(GIVEN RECORDS Opens)
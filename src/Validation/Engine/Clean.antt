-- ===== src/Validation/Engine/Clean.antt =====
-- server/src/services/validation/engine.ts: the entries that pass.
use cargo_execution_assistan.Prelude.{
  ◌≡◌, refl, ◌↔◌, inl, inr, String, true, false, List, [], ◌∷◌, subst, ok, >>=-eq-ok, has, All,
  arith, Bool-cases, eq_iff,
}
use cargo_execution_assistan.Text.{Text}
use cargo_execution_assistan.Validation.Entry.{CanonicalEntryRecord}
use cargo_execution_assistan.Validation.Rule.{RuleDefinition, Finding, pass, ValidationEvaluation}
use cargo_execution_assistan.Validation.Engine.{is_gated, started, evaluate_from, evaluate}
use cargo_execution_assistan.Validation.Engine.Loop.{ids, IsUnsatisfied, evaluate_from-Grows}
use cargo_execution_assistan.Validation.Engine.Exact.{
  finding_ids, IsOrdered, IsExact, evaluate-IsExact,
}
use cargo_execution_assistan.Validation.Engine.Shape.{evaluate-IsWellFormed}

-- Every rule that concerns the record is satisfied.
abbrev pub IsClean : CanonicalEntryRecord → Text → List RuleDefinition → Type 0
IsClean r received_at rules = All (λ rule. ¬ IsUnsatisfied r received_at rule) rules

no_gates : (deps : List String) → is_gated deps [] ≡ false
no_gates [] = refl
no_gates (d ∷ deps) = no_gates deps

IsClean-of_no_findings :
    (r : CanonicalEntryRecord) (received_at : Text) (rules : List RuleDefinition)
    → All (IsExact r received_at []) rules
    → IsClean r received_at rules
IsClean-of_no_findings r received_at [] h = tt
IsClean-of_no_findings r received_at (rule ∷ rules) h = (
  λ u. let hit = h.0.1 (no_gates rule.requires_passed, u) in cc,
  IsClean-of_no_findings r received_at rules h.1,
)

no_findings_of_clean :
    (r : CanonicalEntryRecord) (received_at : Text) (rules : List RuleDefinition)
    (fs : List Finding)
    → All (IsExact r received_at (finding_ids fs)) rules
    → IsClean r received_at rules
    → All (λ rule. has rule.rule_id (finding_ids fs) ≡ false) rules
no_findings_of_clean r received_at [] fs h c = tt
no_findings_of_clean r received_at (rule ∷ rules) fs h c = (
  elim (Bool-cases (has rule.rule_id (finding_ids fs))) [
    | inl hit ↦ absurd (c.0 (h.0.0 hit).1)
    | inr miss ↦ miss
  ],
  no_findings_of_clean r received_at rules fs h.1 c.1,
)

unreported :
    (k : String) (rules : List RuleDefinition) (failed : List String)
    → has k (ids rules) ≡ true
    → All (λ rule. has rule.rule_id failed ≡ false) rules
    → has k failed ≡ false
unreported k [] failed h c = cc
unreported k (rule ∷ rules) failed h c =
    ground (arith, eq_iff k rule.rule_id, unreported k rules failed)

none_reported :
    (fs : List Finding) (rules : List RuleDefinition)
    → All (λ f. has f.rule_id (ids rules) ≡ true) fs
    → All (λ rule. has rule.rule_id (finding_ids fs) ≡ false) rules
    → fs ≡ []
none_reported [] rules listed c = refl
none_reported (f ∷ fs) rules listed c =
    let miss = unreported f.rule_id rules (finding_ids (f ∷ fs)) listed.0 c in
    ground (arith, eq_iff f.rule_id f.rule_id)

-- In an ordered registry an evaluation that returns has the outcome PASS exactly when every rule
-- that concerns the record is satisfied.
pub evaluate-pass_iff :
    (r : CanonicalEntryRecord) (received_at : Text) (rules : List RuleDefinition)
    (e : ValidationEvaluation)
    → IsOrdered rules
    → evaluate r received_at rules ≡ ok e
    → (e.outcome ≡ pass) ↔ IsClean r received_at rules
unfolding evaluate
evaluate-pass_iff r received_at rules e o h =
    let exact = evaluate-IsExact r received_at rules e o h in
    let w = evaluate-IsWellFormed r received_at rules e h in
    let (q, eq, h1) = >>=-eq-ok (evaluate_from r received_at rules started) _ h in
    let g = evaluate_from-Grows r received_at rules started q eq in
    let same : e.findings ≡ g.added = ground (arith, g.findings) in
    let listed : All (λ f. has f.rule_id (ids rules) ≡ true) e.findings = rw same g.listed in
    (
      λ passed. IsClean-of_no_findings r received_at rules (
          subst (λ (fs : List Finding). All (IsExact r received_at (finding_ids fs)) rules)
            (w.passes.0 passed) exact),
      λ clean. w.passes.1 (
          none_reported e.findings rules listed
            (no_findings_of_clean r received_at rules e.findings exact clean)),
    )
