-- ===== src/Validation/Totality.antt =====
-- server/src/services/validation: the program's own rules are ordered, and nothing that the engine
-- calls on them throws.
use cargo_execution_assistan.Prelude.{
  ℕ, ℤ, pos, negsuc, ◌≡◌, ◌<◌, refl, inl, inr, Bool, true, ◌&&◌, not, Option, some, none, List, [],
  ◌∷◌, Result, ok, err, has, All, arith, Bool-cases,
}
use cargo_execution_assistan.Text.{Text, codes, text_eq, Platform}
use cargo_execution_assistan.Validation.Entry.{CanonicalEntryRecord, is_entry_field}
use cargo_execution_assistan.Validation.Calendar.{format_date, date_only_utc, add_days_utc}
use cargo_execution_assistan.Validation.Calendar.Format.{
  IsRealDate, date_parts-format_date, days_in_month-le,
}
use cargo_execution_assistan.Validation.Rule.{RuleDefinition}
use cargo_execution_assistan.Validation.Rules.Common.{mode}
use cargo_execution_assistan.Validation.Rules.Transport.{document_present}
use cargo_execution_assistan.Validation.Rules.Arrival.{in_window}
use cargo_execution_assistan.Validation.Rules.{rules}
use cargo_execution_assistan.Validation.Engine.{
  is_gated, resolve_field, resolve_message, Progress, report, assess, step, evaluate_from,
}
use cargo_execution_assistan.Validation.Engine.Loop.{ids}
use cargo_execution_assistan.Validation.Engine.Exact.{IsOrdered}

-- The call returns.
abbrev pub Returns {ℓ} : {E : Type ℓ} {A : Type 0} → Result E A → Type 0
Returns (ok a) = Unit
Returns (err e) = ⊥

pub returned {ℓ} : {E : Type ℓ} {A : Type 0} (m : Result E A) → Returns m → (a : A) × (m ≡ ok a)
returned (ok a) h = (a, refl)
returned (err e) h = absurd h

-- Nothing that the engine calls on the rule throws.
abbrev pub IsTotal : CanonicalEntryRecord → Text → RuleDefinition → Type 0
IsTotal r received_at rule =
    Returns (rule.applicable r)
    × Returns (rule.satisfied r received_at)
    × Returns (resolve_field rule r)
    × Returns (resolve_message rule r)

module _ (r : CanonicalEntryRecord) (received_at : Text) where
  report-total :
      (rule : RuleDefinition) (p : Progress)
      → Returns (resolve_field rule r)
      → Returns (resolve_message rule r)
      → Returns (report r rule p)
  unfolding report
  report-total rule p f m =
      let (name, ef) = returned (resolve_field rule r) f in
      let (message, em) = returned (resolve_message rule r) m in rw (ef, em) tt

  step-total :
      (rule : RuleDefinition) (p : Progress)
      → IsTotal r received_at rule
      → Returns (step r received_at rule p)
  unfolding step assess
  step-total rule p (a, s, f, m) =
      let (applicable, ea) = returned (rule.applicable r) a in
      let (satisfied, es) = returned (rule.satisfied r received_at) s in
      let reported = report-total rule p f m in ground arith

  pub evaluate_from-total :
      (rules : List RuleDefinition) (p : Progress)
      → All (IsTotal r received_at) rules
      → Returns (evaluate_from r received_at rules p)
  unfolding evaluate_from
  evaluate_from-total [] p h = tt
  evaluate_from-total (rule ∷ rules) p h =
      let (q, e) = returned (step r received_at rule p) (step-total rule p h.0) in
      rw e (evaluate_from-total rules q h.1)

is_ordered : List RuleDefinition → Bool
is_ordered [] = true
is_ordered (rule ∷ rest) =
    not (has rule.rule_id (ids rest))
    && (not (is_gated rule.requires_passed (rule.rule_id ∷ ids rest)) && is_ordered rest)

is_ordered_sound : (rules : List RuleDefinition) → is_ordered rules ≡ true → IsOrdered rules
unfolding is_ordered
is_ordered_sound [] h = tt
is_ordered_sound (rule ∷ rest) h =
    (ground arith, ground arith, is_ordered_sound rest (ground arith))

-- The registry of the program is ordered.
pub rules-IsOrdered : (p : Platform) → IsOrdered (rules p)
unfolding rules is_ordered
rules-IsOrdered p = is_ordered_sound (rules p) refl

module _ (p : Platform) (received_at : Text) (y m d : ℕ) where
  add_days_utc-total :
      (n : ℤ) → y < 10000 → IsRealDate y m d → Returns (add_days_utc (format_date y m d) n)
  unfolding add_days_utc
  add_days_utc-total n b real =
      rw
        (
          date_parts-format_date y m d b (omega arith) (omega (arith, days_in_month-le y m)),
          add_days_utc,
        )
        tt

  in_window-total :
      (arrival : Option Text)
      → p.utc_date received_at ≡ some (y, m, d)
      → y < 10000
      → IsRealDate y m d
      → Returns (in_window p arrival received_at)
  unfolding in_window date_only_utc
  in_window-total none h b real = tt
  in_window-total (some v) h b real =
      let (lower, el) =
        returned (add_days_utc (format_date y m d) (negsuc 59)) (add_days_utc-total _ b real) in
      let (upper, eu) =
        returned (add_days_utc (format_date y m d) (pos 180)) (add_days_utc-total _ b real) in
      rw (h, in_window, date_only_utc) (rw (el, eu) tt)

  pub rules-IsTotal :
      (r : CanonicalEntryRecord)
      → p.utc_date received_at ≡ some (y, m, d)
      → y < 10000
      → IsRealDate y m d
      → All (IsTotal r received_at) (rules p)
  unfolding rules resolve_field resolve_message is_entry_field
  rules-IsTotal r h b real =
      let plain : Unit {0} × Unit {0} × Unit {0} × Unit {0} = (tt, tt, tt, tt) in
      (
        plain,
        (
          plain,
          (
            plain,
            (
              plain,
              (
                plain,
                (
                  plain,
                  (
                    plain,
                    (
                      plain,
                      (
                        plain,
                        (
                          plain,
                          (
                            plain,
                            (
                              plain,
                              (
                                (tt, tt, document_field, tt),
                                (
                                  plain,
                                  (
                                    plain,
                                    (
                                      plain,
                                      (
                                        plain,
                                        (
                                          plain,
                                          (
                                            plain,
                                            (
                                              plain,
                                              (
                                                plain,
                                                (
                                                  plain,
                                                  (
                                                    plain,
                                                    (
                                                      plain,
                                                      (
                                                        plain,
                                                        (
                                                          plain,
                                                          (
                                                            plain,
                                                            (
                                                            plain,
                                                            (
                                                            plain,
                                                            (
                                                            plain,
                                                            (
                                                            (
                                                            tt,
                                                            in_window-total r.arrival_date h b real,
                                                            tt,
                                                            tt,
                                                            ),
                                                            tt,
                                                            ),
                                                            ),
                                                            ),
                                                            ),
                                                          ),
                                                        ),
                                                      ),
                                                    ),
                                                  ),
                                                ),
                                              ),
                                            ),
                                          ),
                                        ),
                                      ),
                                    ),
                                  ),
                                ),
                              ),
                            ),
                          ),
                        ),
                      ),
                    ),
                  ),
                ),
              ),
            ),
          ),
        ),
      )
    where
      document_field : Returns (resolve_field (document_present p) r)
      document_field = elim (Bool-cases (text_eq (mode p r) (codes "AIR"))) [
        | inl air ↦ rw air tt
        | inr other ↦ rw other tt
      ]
(GIVEN RECORDS Closes)
◆ EXERCISE ◆
Copy out each line of the data that holds the string "Grows".

◆ RESULT BELOW ◆
use cargo_execution_assistan.Validation.Engine.Loop.{ids, IsUnsatisfied, evaluate_from-Grows}
    let g = evaluate_from-Grows r received_at rules started q eq in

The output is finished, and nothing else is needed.